Collected data:
_ _ _ _ _ _ _

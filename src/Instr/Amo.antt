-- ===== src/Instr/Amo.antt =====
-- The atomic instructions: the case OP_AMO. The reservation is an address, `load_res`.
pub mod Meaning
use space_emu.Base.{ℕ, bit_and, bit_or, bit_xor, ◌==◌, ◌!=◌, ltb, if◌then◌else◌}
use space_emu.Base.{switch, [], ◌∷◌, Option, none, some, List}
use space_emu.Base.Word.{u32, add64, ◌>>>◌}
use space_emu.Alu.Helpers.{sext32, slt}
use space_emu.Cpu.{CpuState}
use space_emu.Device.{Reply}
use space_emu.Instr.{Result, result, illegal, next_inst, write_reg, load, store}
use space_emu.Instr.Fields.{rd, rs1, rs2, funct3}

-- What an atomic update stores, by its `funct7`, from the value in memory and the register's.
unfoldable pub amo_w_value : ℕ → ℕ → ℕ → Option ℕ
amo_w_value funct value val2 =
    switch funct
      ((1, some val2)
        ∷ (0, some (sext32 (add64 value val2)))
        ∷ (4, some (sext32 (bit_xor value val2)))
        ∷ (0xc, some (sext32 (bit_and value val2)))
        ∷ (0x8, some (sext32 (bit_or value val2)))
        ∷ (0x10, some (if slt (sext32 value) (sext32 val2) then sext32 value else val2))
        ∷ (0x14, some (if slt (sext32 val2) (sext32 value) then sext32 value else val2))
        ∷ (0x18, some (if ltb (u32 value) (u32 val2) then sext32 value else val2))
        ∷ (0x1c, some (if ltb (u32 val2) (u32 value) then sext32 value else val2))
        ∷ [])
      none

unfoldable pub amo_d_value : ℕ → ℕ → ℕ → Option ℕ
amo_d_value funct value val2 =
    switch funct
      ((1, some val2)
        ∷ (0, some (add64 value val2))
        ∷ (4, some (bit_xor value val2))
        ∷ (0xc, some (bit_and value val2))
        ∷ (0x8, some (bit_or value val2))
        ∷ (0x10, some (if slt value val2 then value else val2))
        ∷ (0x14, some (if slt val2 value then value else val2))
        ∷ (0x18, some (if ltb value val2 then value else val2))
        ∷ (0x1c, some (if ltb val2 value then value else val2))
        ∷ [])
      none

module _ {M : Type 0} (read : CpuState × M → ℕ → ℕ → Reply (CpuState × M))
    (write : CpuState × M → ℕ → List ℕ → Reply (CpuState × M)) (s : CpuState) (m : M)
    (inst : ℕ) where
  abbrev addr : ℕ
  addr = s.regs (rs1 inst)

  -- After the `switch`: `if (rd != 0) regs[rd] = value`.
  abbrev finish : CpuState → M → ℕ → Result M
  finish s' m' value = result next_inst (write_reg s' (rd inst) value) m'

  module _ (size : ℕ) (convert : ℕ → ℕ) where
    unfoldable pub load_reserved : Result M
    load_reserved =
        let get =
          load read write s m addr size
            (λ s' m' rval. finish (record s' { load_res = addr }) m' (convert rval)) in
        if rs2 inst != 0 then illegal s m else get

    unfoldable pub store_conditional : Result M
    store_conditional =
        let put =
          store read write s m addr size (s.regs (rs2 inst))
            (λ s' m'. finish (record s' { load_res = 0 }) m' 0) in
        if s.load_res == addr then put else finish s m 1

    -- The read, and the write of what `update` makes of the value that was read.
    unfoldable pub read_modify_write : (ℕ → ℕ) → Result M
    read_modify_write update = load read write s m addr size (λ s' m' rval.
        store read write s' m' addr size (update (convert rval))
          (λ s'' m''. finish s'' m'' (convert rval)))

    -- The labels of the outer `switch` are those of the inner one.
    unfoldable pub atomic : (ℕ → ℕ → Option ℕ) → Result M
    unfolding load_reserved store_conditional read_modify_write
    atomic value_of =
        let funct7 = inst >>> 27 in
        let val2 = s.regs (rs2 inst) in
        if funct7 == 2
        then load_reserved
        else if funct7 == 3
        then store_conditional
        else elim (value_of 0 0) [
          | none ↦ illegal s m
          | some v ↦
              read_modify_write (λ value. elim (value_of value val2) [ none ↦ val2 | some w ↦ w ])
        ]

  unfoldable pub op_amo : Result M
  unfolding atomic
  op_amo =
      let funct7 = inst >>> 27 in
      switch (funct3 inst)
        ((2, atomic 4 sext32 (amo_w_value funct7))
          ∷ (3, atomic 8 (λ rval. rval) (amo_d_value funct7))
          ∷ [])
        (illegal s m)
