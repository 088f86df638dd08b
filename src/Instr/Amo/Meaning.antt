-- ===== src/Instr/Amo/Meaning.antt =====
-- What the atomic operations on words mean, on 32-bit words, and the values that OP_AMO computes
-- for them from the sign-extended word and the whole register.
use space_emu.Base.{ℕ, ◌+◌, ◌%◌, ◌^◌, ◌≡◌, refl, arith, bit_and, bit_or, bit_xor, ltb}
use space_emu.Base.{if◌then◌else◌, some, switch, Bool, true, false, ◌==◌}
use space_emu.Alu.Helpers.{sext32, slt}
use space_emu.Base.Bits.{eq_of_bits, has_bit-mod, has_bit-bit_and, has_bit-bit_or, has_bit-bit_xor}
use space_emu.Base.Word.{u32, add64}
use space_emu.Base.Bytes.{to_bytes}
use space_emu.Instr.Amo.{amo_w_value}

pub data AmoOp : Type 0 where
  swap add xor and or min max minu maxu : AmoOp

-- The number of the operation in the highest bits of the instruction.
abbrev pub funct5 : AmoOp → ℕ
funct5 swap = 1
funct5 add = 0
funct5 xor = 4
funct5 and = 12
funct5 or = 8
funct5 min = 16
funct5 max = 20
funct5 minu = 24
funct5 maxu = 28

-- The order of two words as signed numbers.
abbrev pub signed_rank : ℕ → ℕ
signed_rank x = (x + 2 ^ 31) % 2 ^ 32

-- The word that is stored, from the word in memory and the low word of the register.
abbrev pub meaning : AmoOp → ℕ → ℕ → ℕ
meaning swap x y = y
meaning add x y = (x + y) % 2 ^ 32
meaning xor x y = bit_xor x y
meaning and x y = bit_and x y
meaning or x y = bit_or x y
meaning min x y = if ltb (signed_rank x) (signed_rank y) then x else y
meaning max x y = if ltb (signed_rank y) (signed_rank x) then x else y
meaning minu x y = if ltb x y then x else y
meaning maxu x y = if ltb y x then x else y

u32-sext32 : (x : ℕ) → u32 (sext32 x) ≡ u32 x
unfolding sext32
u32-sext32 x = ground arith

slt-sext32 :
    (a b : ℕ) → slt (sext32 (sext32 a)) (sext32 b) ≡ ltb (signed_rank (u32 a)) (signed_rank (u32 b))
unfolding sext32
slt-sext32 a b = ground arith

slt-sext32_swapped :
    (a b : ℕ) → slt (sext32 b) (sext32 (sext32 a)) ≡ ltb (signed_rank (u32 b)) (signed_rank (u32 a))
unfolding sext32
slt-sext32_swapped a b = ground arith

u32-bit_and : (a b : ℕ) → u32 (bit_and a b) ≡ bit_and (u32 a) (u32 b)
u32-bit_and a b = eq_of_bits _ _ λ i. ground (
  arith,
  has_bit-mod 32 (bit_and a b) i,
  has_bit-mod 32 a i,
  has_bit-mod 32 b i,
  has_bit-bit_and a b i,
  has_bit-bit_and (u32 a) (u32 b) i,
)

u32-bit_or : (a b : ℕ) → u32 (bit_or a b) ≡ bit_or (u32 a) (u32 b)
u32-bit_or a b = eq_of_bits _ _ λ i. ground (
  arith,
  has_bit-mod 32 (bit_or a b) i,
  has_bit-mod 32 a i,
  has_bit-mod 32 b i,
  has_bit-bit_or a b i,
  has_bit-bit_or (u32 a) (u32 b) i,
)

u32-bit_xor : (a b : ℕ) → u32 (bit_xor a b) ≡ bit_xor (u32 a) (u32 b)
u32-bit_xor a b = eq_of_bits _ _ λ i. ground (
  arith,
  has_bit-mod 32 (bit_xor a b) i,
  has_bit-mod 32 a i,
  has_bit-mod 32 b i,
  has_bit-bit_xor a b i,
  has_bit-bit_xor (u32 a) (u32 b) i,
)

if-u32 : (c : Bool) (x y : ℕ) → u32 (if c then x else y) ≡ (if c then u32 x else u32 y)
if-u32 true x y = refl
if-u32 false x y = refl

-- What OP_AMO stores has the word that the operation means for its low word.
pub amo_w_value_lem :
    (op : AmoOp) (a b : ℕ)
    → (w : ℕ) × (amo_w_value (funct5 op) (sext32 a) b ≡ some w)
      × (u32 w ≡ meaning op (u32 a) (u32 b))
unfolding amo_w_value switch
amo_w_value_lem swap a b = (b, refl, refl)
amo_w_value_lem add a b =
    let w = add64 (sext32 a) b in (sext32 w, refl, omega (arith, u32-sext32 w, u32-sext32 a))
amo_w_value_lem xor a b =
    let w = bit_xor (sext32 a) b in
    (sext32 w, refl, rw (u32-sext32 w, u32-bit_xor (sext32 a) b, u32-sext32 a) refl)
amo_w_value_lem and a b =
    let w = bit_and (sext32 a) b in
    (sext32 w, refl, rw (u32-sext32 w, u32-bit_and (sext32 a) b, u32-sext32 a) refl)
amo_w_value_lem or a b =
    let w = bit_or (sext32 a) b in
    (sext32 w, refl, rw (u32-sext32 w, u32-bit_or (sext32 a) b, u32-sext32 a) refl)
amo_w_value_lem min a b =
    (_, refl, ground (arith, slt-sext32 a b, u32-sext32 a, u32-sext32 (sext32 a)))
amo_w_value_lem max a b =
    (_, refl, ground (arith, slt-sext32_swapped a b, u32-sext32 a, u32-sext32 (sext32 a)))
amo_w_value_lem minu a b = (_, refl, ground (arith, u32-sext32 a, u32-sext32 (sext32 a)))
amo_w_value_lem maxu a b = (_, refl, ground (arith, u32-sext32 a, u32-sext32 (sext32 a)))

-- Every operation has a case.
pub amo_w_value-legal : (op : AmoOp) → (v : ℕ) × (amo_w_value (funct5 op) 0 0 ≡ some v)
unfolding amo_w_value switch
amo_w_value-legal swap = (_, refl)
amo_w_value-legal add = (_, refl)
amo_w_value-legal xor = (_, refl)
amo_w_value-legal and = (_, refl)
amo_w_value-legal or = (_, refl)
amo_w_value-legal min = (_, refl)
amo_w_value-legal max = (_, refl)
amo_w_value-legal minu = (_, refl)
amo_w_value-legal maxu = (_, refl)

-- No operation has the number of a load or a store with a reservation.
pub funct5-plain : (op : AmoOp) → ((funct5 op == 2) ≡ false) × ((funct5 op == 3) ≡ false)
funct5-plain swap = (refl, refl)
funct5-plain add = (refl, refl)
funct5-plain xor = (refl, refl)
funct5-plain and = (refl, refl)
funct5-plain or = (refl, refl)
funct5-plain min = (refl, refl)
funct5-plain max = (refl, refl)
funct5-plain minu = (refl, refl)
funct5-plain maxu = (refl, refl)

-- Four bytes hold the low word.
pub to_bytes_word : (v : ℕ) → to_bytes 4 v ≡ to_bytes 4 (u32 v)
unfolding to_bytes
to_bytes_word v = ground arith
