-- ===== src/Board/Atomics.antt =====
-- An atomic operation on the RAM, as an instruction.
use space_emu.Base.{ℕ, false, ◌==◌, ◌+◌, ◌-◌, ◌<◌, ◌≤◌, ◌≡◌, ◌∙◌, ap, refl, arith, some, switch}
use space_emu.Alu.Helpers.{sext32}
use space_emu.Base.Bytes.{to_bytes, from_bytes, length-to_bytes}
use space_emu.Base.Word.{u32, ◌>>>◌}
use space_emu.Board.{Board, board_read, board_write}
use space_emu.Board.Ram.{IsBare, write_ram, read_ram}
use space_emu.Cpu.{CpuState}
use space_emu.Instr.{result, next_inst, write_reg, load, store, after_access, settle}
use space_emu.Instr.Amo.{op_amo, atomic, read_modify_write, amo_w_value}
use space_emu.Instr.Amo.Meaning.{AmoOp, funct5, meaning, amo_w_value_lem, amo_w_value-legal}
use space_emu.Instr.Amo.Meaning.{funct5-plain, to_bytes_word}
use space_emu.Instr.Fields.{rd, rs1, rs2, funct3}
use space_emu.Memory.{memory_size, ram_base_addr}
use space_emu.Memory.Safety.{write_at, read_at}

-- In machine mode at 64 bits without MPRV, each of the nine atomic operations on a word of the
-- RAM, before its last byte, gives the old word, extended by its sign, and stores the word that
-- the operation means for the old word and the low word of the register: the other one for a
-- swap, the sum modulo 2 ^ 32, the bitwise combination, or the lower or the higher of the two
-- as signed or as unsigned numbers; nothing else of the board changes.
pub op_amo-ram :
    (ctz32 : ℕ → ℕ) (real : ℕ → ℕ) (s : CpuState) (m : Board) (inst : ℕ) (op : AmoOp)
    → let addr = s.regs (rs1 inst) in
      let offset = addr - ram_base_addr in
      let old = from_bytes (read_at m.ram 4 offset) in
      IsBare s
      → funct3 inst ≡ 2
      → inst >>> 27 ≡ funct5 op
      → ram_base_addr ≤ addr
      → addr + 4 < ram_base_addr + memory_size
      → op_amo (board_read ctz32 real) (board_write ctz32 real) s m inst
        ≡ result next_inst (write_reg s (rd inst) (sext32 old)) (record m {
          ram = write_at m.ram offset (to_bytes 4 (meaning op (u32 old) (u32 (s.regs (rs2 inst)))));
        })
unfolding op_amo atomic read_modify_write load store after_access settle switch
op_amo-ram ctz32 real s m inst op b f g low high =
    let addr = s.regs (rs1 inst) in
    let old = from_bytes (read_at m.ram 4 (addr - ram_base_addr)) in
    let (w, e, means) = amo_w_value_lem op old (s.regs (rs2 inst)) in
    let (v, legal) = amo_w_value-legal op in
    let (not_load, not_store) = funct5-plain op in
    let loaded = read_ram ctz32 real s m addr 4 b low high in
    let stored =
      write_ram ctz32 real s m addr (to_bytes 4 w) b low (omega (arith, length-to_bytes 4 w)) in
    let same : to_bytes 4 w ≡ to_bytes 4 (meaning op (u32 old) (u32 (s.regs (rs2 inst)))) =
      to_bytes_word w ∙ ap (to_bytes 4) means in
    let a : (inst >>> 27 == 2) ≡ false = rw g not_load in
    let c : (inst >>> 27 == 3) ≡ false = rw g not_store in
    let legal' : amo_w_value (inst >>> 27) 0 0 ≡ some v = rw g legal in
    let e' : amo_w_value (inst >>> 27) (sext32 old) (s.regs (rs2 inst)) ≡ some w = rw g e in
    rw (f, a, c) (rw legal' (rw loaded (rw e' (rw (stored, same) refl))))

_ _ _ _ _ _ _

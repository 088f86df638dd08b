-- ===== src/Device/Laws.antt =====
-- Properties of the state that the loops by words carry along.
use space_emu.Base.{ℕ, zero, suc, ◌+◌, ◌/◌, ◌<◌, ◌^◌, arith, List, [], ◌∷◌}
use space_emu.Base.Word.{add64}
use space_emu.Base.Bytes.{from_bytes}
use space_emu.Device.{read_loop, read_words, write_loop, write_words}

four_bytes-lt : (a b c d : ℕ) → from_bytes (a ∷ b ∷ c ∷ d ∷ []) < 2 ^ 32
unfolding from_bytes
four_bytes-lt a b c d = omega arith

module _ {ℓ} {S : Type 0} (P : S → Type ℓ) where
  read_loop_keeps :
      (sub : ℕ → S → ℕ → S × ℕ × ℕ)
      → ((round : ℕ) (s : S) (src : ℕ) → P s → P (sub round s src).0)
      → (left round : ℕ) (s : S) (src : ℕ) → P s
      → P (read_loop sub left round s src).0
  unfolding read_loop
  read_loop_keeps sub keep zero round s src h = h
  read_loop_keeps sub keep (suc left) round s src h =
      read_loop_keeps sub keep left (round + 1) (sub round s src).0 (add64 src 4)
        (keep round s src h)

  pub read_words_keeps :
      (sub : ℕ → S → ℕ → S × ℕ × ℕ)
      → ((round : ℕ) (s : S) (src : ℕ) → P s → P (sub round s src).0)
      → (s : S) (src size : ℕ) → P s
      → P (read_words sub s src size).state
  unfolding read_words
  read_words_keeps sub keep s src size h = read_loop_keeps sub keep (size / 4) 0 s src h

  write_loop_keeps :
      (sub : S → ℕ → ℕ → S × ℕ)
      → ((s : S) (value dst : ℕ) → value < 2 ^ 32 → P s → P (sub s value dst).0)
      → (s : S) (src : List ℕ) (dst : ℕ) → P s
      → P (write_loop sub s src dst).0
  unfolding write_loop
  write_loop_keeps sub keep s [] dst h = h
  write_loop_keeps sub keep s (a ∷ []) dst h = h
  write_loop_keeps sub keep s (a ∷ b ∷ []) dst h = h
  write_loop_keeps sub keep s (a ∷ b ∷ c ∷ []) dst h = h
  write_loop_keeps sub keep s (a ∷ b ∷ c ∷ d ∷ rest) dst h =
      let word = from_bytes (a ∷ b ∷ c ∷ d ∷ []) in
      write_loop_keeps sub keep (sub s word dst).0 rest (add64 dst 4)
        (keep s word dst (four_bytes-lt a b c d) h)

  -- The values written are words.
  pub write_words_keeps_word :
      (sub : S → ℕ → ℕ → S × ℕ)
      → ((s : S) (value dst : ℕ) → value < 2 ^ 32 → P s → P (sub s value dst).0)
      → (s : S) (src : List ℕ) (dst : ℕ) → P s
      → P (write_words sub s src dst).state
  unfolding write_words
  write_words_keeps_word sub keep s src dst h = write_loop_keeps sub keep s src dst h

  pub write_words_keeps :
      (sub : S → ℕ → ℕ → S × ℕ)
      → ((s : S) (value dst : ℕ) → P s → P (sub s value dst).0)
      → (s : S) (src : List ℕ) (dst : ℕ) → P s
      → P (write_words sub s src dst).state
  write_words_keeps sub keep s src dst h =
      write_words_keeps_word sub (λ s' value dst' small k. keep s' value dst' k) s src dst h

_ _ _ _ _ _ _

Your objective: Wherever the line holding "funct5 minu = 24" falls in the entries above, copy exactly from it through the line holding "u32-sext32 : (x : ℕ) → u32 (sext32 x) ≡ u32 x", inclusive, and add nothing.

Result of this exercise:
funct5 minu = 24
funct5 maxu = 28

-- The order of two words as signed numbers.
abbrev pub signed_rank : ℕ → ℕ
signed_rank x = (x + 2 ^ 31) % 2 ^ 32

-- The word that is stored, from the word in memory and the low word of the register.
abbrev pub meaning : AmoOp → ℕ → ℕ → ℕ
meaning swap x y = y
meaning add x y = (x + y) % 2 ^ 32
meaning xor x y = bit_xor x y
meaning and x y = bit_and x y
meaning or x y = bit_or x y
meaning min x y = if ltb (signed_rank x) (signed_rank y) then x else y
meaning max x y = if ltb (signed_rank y) (signed_rank x) then x else y
meaning minu x y = if ltb x y then x else y
meaning maxu x y = if ltb y x then x else y

u32-sext32 : (x : ℕ) → u32 (sext32 x) ≡ u32 x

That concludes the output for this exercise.